Het geding in hoger beroep
Bij exploot van 31 oktober 2003 is door Muraka B.V. hoger beroep ingesteld van het vonnis d.d. 6 augustus 2003 met dagvaarding van [geïntimeerde] tegen de zitting van 12 november 2003.
De conclusie van de dagvaarding, tevens houdende memorie van grieven in hoger beroep luidt:
''bij arrest uitvoerbaar bij voorraad op de minuut en op alle dagen en uren het vonnis van de rechtbank te Assen met zaaknummer 39203 op 6 augustus 2003 gewezen, te vernietigen en geïntimeerde in zijn vorderingen niet ontvankelijk te verklaren, althans deze hem te ontzeggen met veroordeling van geïntimeerde in de kosten van de procedure in beide instanties.''
Bij memorie van antwoord is door [geïntimeerde] verweer gevoerd met als conclusie:
''voor zover mogelijk uitvoerbaar bij voorraad het appèl van [appellant] ongegrond te verklaren en het vonnis van de rechtbank Assen d.d. 6 augustus 2003 te bekrachtigen zonodig met verbetering van de gronden met veroordeling van [appellant] in de kosten van de appèlprocedure.''
Tenslotte hebben partijen de stukken overgelegd voor het wijzen van arrest.
De grieven
Door Muraka B.V. zijn vier grieven opgeworpen.
De beoordeling
1. Nu in het hoger beroep niet is gebleken van bezwaren tegen de vaststelling van de feiten in rechtsoverweging 1 van het beroepen vonnis, zal ook het hof van die feiten uitgaan.

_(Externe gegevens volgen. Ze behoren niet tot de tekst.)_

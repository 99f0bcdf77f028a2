-- ===== src/Config.antt =====
-- internal/config/config.go: the settings, and what ValidateServer and ValidateProvisioner ask of them.
-- URL parsing and the look at the file system are arguments. A YAML map is the list of its entries, in
-- the order in which the loop happens to visit them.
pub mod Validation
pub mod Agreement
pub mod Examples
use quickworks.Base.{
  ℕ, String, Bool, true, false, not, ◌&&◌, ◌||◌, Option, none, some, List, [], ◌∷◌, ◌==◌,
  if◌then◌else◌, ltb, leb, length, all, any, ℤ, is_positive, is_negative,
}
use quickworks.Text.{bytes}

pub record Resources : Type 0 where
  pub cpus : ℤ
  pub memory_gib : ℤ
  pub disk_gib : ℤ
  -- `estimated_cost < 0`, the one test of the float
  pub has_negative_cost : Bool

pub record Template : Type 0 where
  pub name : String
  pub required_labels : List String
  pub resources : Resources

pub record ControlProvisioner : Type 0 where
  pub worker_id : String
  pub token_file : String

pub record QuotaLimit : Type 0 where
  pub max_workspaces : ℤ
  pub max_running_workspaces : ℤ

-- The settings that the server reads.
pub record ServerConfig : Type 0 where
  pub public_url : String
  pub listen : String
  pub secret_key_file : String
  pub provisioners : List ControlProvisioner
  pub default_template : String
  pub templates : List Template
  pub default_quota : QuotaLimit
  pub template_quotas : List (String × QuotaLimit)
  pub workbench_version : String
  pub bundle_url : String
  pub bundle_sha256 : String
  pub entrypoint : String
  pub byok_config_file : String
  pub env_file : String
  pub client_id : String
  pub client_secret_file : String
  pub allowed_user_ids : List ℤ
  pub database_path : String
  pub auto_stop_after : ℤ

-- The settings that a provisioner reads.
pub record ProvisionerConfig : Type 0 where
  pub control_url : String
  pub worker_id : String
  pub token_file : String
  pub binary : String
  pub labels : List String
  pub capacity : ℤ
  pub template_dirs : List (String × String)
  pub state_dir : String
  pub state_backend : String
  pub state_s3_bucket : String
  pub state_s3_region : String
  pub state_backup_retention : ℤ

pub data ConfigError : Type 0 where
  public_url_invalid listen_or_database_missing templates_missing template_name_invalid :
      ConfigError
  resources_invalid default_template_unknown default_quota_invalid template_quota_invalid :
      ConfigError
  workbench_incomplete bundle_url_not_https file_missing provisioners_missing : ConfigError
  provisioner_invalid github_missing auto_stop_invalid : ConfigError
  provisioner_incomplete state_dir_missing s3_missing backend_unknown : ConfigError
  template_dir_empty main_tf_missing labels_invalid capacity_invalid retention_invalid : ConfigError

-- nil, or the first error.
pub data Check : Type 0 where
  passed : Check
  failed : ConfigError → Check

-- `if test { return error }`, and then the rest of the function.
unfoldable pub fail_if : Bool → ConfigError → Check → Check
fail_if true e rest = failed e
fail_if false e rest = rest

abbrev pub is_empty : String → Bool
is_empty s = s == ""

abbrev pub is_seen : String → List String → Bool
is_seen name seen = any (λ s. s == name) seen

abbrev pub has_bad_resources : Resources → Bool
has_bad_resources r =
    not (is_positive r.cpus)
    || (not (is_positive r.memory_gib) || (not (is_positive r.disk_gib) || r.has_negative_cost))

-- The loop over the templates, and what follows it.
unfoldable pub check_templates : List String → List Template → (List String → Check) → Check
check_templates seen [] rest = rest seen
check_templates seen (t ∷ ts) rest =
    fail_if (is_empty t.name || is_seen t.name seen) template_name_invalid (
      fail_if (has_bad_resources t.resources) resources_invalid
        (check_templates (t.name ∷ seen) ts rest))

-- validQuota
unfoldable pub valid_quota : QuotaLimit → Bool → Bool
valid_quota limit require_workspace_limits = not (
    require_workspace_limits
    && (not (is_positive limit.max_workspaces) || not (is_positive limit.max_running_workspaces)))

unfoldable pub check_quotas : List String → List (String × QuotaLimit) → Check → Check
check_quotas seen [] rest = rest
check_quotas seen ((name, limit) ∷ limits) rest =
    fail_if (not (is_seen name seen) || not (valid_quota limit true)) template_quota_invalid
      (check_quotas seen limits rest)

unfoldable pub check_provisioners : List String → List ControlProvisioner → Check → Check
check_provisioners seen [] rest = rest
check_provisioners seen (p ∷ ps) rest =
    fail_if (is_empty p.worker_id || (is_empty p.token_file || is_seen p.worker_id seen))
      provisioner_invalid (check_provisioners (p.worker_id ∷ seen) ps rest)

abbrev is_nil {ℓ} : {A : Type ℓ} → List A → Bool
is_nil [] = true
is_nil (x ∷ xs) = false

-- ValidateServer, from the quotas on; `seen` are the names of the templates.
unfoldable pub validate_from_quotas : (String → Bool) → ServerConfig → List String → Check
validate_from_quotas is_https c seen =
    fail_if (not (is_seen c.default_template seen)) default_template_unknown (
      fail_if (not (valid_quota c.default_quota true)) default_quota_invalid (
        check_quotas seen c.template_quotas (
          fail_if
            (is_empty c.workbench_version
              || (is_empty c.bundle_url
                  || (not (has_64_bytes c.bundle_sha256) || is_empty c.entrypoint)))
            workbench_incomplete
            (fail_if (not (is_https c.bundle_url)) bundle_url_not_https (
              fail_if
                (any is_empty
                  (c.byok_config_file ∷ c.env_file ∷ c.client_secret_file ∷ c.secret_key_file ∷ []))
                file_missing
                (fail_if (is_nil c.provisioners) provisioners_missing (
                  check_provisioners [] c.provisioners (
                    fail_if (is_empty c.client_id || is_nil c.allowed_user_ids) github_missing (
                      fail_if (not (is_positive c.auto_stop_after)) auto_stop_invalid
                        passed)))))))))
  where
    has_64_bytes : String → Bool
    has_64_bytes s = leb 64 (length (bytes s)) && leb (length (bytes s)) 64

-- ValidateServer; `is_uri` is url.ParseRequestURI without an error, `is_https` url.Parse and the scheme.
unfoldable pub validate_server : (String → Bool) → (String → Bool) → ServerConfig → Check
validate_server is_uri is_https c =
    fail_if (not (is_uri c.public_url) || is_empty c.public_url) public_url_invalid (
      fail_if (is_empty c.listen || is_empty c.database_path) listen_or_database_missing (
        fail_if (is_empty c.default_template || is_nil c.templates) templates_missing
          (check_templates [] c.templates (validate_from_quotas is_https c))))

abbrev is_lower : ℕ → Bool
is_lower c = leb b'a' c && leb c b'z'

abbrev pub is_label_character : ℕ → Bool
is_label_character c = is_lower c || ((leb b'0' c && leb c b'9') || (leb b'-' c && leb c b'-'))

-- label[0] and label[1:]; a label has 32 bytes at most.
unfoldable pub bad_label : List ℕ → Bool
bad_label [] = true
bad_label (c ∷ rest) =
    ltb 32 (length (c ∷ rest)) || (ltb c b'a' || (ltb b'z' c || not (all is_label_character rest)))

unfoldable pub labels_from : List String → List String → Bool
labels_from seen [] = true
labels_from seen (l ∷ ls) =
    let rest = labels_from (l ∷ seen) ls in
    if bad_label (bytes l) || is_seen l seen then false else rest

-- validLabels
unfoldable pub valid_labels : List String → Bool
unfolding labels_from
valid_labels labels = labels_from [] labels

unfoldable pub check_backend : ProvisionerConfig → Check → Check
check_backend c rest =
    let backend = if is_empty c.state_backend then "local" else c.state_backend in
    if backend == "local"
    then fail_if (is_empty c.state_dir) state_dir_missing rest
    else (if backend == "s3"
        then fail_if (is_empty c.state_s3_bucket || is_empty c.state_s3_region) s3_missing rest
        else failed backend_unknown)

-- `has_main` tells of a directory whether its main.tf is a file.
unfoldable pub check_dirs : (String → Bool) → List (String × String) → Check → Check
check_dirs has_main [] rest = rest
check_dirs has_main ((name, directory) ∷ dirs) rest =
    fail_if (is_empty name || is_empty directory) template_dir_empty
      (fail_if (not (has_main directory)) main_tf_missing (check_dirs has_main dirs rest))

abbrev pub in_range : ℤ → Bool
in_range (ℤ.pos n) = leb 1 n && leb n 100
in_range (ℤ.negsuc n) = false

-- ValidateProvisioner
unfoldable pub validate_provisioner : (String → Bool) → ProvisionerConfig → Check
validate_provisioner has_main c =
    fail_if
      (is_empty c.control_url
        || (is_empty c.worker_id
            || (is_empty c.token_file || (is_empty c.binary || is_nil c.template_dirs))))
      provisioner_incomplete
      (check_backend c (
        check_dirs has_main c.template_dirs (
          fail_if (not (valid_labels c.labels)) labels_invalid (
            fail_if (not (in_range c.capacity)) capacity_invalid
              (fail_if (is_negative c.state_backup_retention) retention_invalid passed)))))
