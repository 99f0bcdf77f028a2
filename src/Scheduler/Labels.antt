-- ===== src/Scheduler/Labels.antt =====
-- internal/server/router.go: validLabels and labelsContain.
use quickworks.Base.{
  ℕ, String, Bool, true, false, ◌&&◌, ◌||◌, not, List, [], ◌∷◌, ◌==◌, if◌then◌else◌, leb, nat_eq,
  length, all, any,
}
use quickworks.Text.{bytes}

abbrev is_label_head : ℕ → Bool
is_label_head c = leb b'a' c && leb c b'z'

abbrev pub is_label_byte : ℕ → Bool
is_label_byte c = (leb b'a' c && leb c b'z') || ((leb b'0' c && leb c b'9') || nat_eq c b'-')

-- labelPattern: [a-z][a-z0-9-]{0,31}
unfoldable pub matches_label : List ℕ → Bool
matches_label [] = false
matches_label (c ∷ rest) = is_label_head c && (all is_label_byte rest && leb (length rest) 31)

-- A label that breaks the pattern or was seen before ends the loop with false.
unfoldable pub labels_from : List String → List String → Bool
labels_from seen [] = true
labels_from seen (l ∷ ls) =
    let rest = labels_from (l ∷ seen) ls in
    if not (matches_label (bytes l)) || any (λ s. s == l) seen then false else rest

unfoldable pub valid_labels : List String → Bool
unfolding labels_from
valid_labels labels = labels_from [] labels

-- Every required label is in the set of those at hand.
unfoldable pub labels_contain : List String → List String → Bool
labels_contain have [] = true
labels_contain have (l ∷ required) =
    let rest = labels_contain have required in if any (λ h. h == l) have then rest else false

2. Uit de stukken waarop [geïntimeerde] ter staving van zijn vordering een beroep heeft gedaan, blijkt dat op 30 november 1995 door de vennootschap onder firma Muraka VOF offerte is gedaan, in welke offerte de ten processe relevante garantie gedurende 10 jaar is neergelegd, terwijl in de stukken van het onderhavige geding ligt besloten dat [geïntimeerde] zich op het standpunt stelt dat hij een overeenkomst heeft gesloten met de besloten vennootschap Muraka BV.
3. Nu evenwel Muraka in prima noch in hoger beroep op het voorgaande een beroep heeft gedaan, terwijl uit haar opstelling volgt dat zij zich gebonden acht aan hetgeen Muraka VOF aan [geïntimeerde] heeft geoffreerd, zal het hof ervan uitgaan dat de overeenkomst tussen [geïntimeerde] en Muraka is tot stand gekomen op basis van al hetgeen Muraka VOF in meerbedoelde offerte heeft neergelegd. Op dezelfde grond zal het hof ervan uitgaan dat de door Muraka VOF geoffreerde algemene voorwaarden gelijkluidend zijn aan de voorwaarden die Muraka gebruikt.
4. In essentie is tussen partijen in geschil de inhoud en de werkingssfeer van de door Muraka gegeven 10-jarige garantie, zoals deze blijkt uit de offerte d.d. 30 november 1995.
5. Anders dan Muraka in hoger beroep op basis van haar algemene voorwaarden heeft doen aanvoeren in haar toelichting op grief III, kan de - in meergenoemde offerte expliciet geformuleerde - garantie niet aldus worden gelezen dat Muraka zich slechts tot het leveren van een inspanning heeft verbonden, nu in dat geval de facto niet meer van een garantie gesproken zou kunnen worden. In dat verband verdient voorts de wijze waarop Muraka artikel 8 van haar voorwaarden "dienstverlening" en art. 8 van haar "verkoopvoorwaarden" tot één geheel verenigt en verengt tot aansprakelijkheid voor het herstel van de gevolgen van het gebruik van ondeugdelijk materiaal en/of onjuiste constructie of bewerking, geen bijval.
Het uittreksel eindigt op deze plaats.